RS: Researchers studied the sound, or phonology, of more than three thousand nouns and verbs. Then they analyzed how typical these sounds are in relation to one another.
AA: For the findings, we sounded out one of the authors at Cornell University, Morten Christiansen.
MORTEN CHRISTIANSEN: "There is a standard case of onomatopoeia [AH-noh-mah-toh-PEE-uh] where, you know, when you hear the word 'buzz,' it sort of very directly indicates what that word means. But in general the relationship between the sound of a word and what it refers to or what it means is sort of more arbitrary. But what we have found is that there is actually some information in the words themselves that can tell you whether the word is a noun or a verb, and that's something that people are sensitive to."
RS: "How did you test this?"
MORTEN CHRISTIANSEN: "We had people reading sentences on a computer screen, word by word, so one word at a time. And essentially they're just looking at a screen, they press the space bar and then a word will come up on the screen, and then another word when they press the space bar next. And we measure how long it takes them to read each word.

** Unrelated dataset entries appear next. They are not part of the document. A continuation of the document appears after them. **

-- ===== src/Auth/Mtls/Accepts.antt =====
-- What `MtlsProvider::authenticate` of src/auth/mtls.rs asks of a request.
use tei_manager.Base.{
  ℕ, ◌≡◌, ◌↔◌, ◌⊎◌, refl, String, true, false, Option, none, some, List, [], ◌∷◌, arith, Result, ok,
  err, str_eq_iff,
}
use tei_manager.Base.Text.{codes, contains}
use tei_manager.Config.{MtlsConfig, Timestamp}
use tei_manager.Auth.{AuthRequest, AuthResult, Der, TlsInfo}
use tei_manager.Auth.Mtls.{
  X509Parser, X509Certificate, MtlsProvider, nats_eq, is_before, is_after, check_validity,
  check_issuer, any_contained, any_equal, any_allowed, verify_subject, verify_sans, sans_of,
  verify_cert_chain, extract_subject, extract_sans, authenticate_cert, authenticate, auth_metadata,
}

abbrev Any {ℓ} : {A : Type ℓ} → (A → Type 0) → List A → Type 0
Any P [] = ⊥
Any P (x ∷ xs) = P x ⊎ Any P xs

nats_eq_iff : (xs ys : List ℕ) → (nats_eq xs ys ≡ true) ↔ (xs ≡ ys)
unfolding nats_eq
nats_eq_iff [] [] = ground arith
nats_eq_iff [] (y ∷ ys) = ground arith
nats_eq_iff (x ∷ xs) [] = ground arith
nats_eq_iff (x ∷ xs) (y ∷ ys) = ground (arith, nats_eq_iff xs ys)

any_contained_iff :
    (subject : String) (allowed : List String)
    → (any_contained subject allowed ≡ true)
      ↔ Any (λ a. contains (codes a) (codes subject) ≡ true) allowed
unfolding any_contained
any_contained_iff subject [] = ground arith
any_contained_iff subject (a ∷ allowed) = ground (arith, any_contained_iff subject allowed)

any_equal_iff :
    (san : String) (allowed : List String)
    → (any_equal san allowed ≡ true) ↔ Any (λ a. san ≡ a) allowed
unfolding any_equal
any_equal_iff san [] = ground arith
any_equal_iff san (a ∷ allowed) = ground (arith, any_equal_iff san allowed, str_eq_iff san a)

any_allowed_iff :
    (sans allowed : List String)
    → (any_allowed sans allowed ≡ true) ↔ Any (λ san. Any (λ a. san ≡ a) allowed) sans
unfolding any_allowed
any_allowed_iff [] allowed = ground arith
any_allowed_iff (san ∷ sans) allowed =
    ground (arith, any_allowed_iff sans allowed, any_equal_iff san allowed)

abbrev pub SubjectAllowed : MtlsConfig → String → Type 0
SubjectAllowed c subject =
    (c.verify_subject ≡ false)
    ⊎ (c.allowed_subjects ≡ [])
    ⊎ Any (λ a. contains (codes a) (codes subject) ≡ true) c.allowed_subjects

abbrev pub SansAllowed : MtlsConfig → List String → Type 0
SansAllowed c sans =
    (c.verify_san ≡ false)
    ⊎ (c.allowed_sans ≡ [])
    ⊎ Any (λ san. Any (λ a. san ≡ a) c.allowed_sans) sans

verify_subject_iff :
    (c : MtlsConfig) (subject : String)
    → (verify_subject c subject ≡ ok tt) ↔ SubjectAllowed c subject
unfolding verify_subject
verify_subject_iff c subject = go c.allowed_subjects refl
  where
    go :
        (allowed : List String)
        → c.allowed_subjects ≡ allowed
        → (verify_subject c subject ≡ ok tt) ↔ SubjectAllowed c subject
    go [] e = ground arith
    go (a ∷ allowed) e = ground (arith, any_contained_iff subject (a ∷ allowed))

verify_sans_iff :
    (c : MtlsConfig) (sans : List String) → (verify_sans c sans ≡ ok tt) ↔ SansAllowed c sans
unfolding verify_sans
verify_sans_iff c sans = go c.allowed_sans refl
  where
    go :
        (allowed : List String)
        → c.allowed_sans ≡ allowed
        → (verify_sans c sans ≡ ok tt) ↔ SansAllowed c sans
    go [] e = ground arith
    go (a ∷ allowed) e = ground (arith, any_allowed_iff sans (a ∷ allowed))

module _ (x : X509Parser) (now : Timestamp) (p : MtlsProvider) where
  abbrev pub IsTrusted : Der → X509Certificate → X509Certificate → Type 0
  IsTrusted der client ca =
      (x.from_der der ≡ ok client)
      × (x.from_der p.ca_cert_der ≡ ok ca)
      × ((p.config.allow_self_signed ≡ true) ⊎ (client.issuer.raw ≡ ca.subject.raw))
      × (is_before now client.not_before ≡ false)
      × (is_after now client.not_after ≡ false)

  abbrev pub IsIdentity : X509Certificate → AuthResult → Type 0
  IsIdentity client r =
      SubjectAllowed p.config client.subject.text
      × SansAllowed p.config (sans_of x client.extensions)
      × (r ≡ record {
        authenticated = true;
        principal = some client.subject.text;
        metadata = auth_metadata client.subject.text (sans_of x client.extensions);
      })

  authenticate_cert_iff :
      (der : Der) (r : AuthResult)
      → (authenticate_cert x now p der ≡ ok r) ↔ (
          (client : X509Certificate) × (ca : X509Certificate) × IsTrusted der client ca
          × IsIdentity client r)
  unfolding authenticate_cert verify_cert_chain extract_subject extract_sans check_issuer
      check_validity
  authenticate_cert_iff der r = go (x.from_der der) (x.from_der p.ca_cert_der) refl refl
    where
      go :
          (a b : Result String X509Certificate)
          → x.from_der der ≡ a
          → x.from_der p.ca_cert_der ≡ b
          → (authenticate_cert x now p der ≡ ok r) ↔ (
              (client : X509Certificate) × (ca : X509Certificate) × IsTrusted der client ca
              × IsIdentity client r)
      go (err e) b h k = ground arith
      go (ok client) (err e) h k = ground arith
      go (ok client) (ok ca) h k = ground (
        arith,
        nats_eq_iff client.issuer.raw ca.subject.raw,
        verify_subject_iff p.config client.subject.text,
        verify_sans_iff p.config (sans_of x client.extensions),
      )

  abbrev pub Presents : AuthRequest → Der → Type 0
  Presents req der =
      (info : TlsInfo) × (req.tls_info ≡ some info) × (info.peer_certificate ≡ some der)

  -- The provider authenticates exactly the requests with a certificate that parses, names the CA's
  -- subject as its issuer (or self-signed ones are allowed), is valid at that time, and passes both
  -- allowlists. A subject passes if checking is off, the list is empty, or some entry is contained
  -- anywhere in the subject's text, so that CN=client1 also admits CN=client10. The alternative names
  -- pass if checking is off, the list is empty, or one of them equals an entry: a DNS name bare, without
  -- the prefix DNS:, an IP address in its debug format. The principal is the subject. No signature is
  -- looked at.
  pub authenticate_iff :
      (req : AuthRequest) (r : AuthResult)
      → (authenticate x now p req ≡ ok r) ↔ (
          (der : Der) × (client : X509Certificate) × (ca : X509Certificate) × Presents req der
          × IsTrusted der client ca
          × IsIdentity client r)
  unfolding authenticate
  authenticate_iff req r = go req.tls_info refl
    where
      Goal : Type 0
      Goal = (authenticate x now p req ≡ ok r) ↔ (
          (der : Der) × (client : X509Certificate) × (ca : X509Certificate) × Presents req der
          × IsTrusted der client ca
          × IsIdentity client r)

      with_certificate :
          (info : TlsInfo) (c : Option Der)
          → req.tls_info ≡ some info
          → info.peer_certificate ≡ c
          → Goal
      with_certificate info none h k = ground arith
      with_certificate info (some der) h k = (
        λ e.
            let (client, ca, trusted, identity) = (authenticate_cert_iff der r).0 (ground arith) in
            (der, client, ca, (info, h, k), trusted, identity),
        λ (other, client, ca, (info', h', k'), trusted, identity).
            let same : other ≡ der = ground arith in
            let accepted : authenticate_cert x now p other ≡ ok r =
              (authenticate_cert_iff other r).1 (client, ca, trusted, identity) in
            ground arith,
      )

      go : (t : Option TlsInfo) → req.tls_info ≡ t → Goal
      go none h = ground arith
      go (some info) h = with_certificate info info.peer_certificate h refl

"And what we found was that when people are reading the nouns that were typical -- in terms of what they sound like -- of other nouns, then people would read these words faster than if you had a word, say a noun, that was more actually verb-like in what it sounds like."
AA: "I'm curious, is there an application to -- one thing that comes to mind would be maybe technical writing, instructions. If you were writing instructions and you wanted people to read them as quickly as possible, maybe in a case of an emergency, you would choose -- what advice, you know, might you have in terms of choice of nouns or verbs or things like that?"
MORTEN CHRISTIANSEN: "I actually haven't thought about it, but it's actually a very good idea, I think. Certainly you could potentially make a certain set of instructions more easily to comprehend, at least allow people to comprehend them faster, if you could potentially find nouns and verbs and the same would go for other kinds of words such as adjectives ... "
AA: "That are common? Maybe you have some examples?"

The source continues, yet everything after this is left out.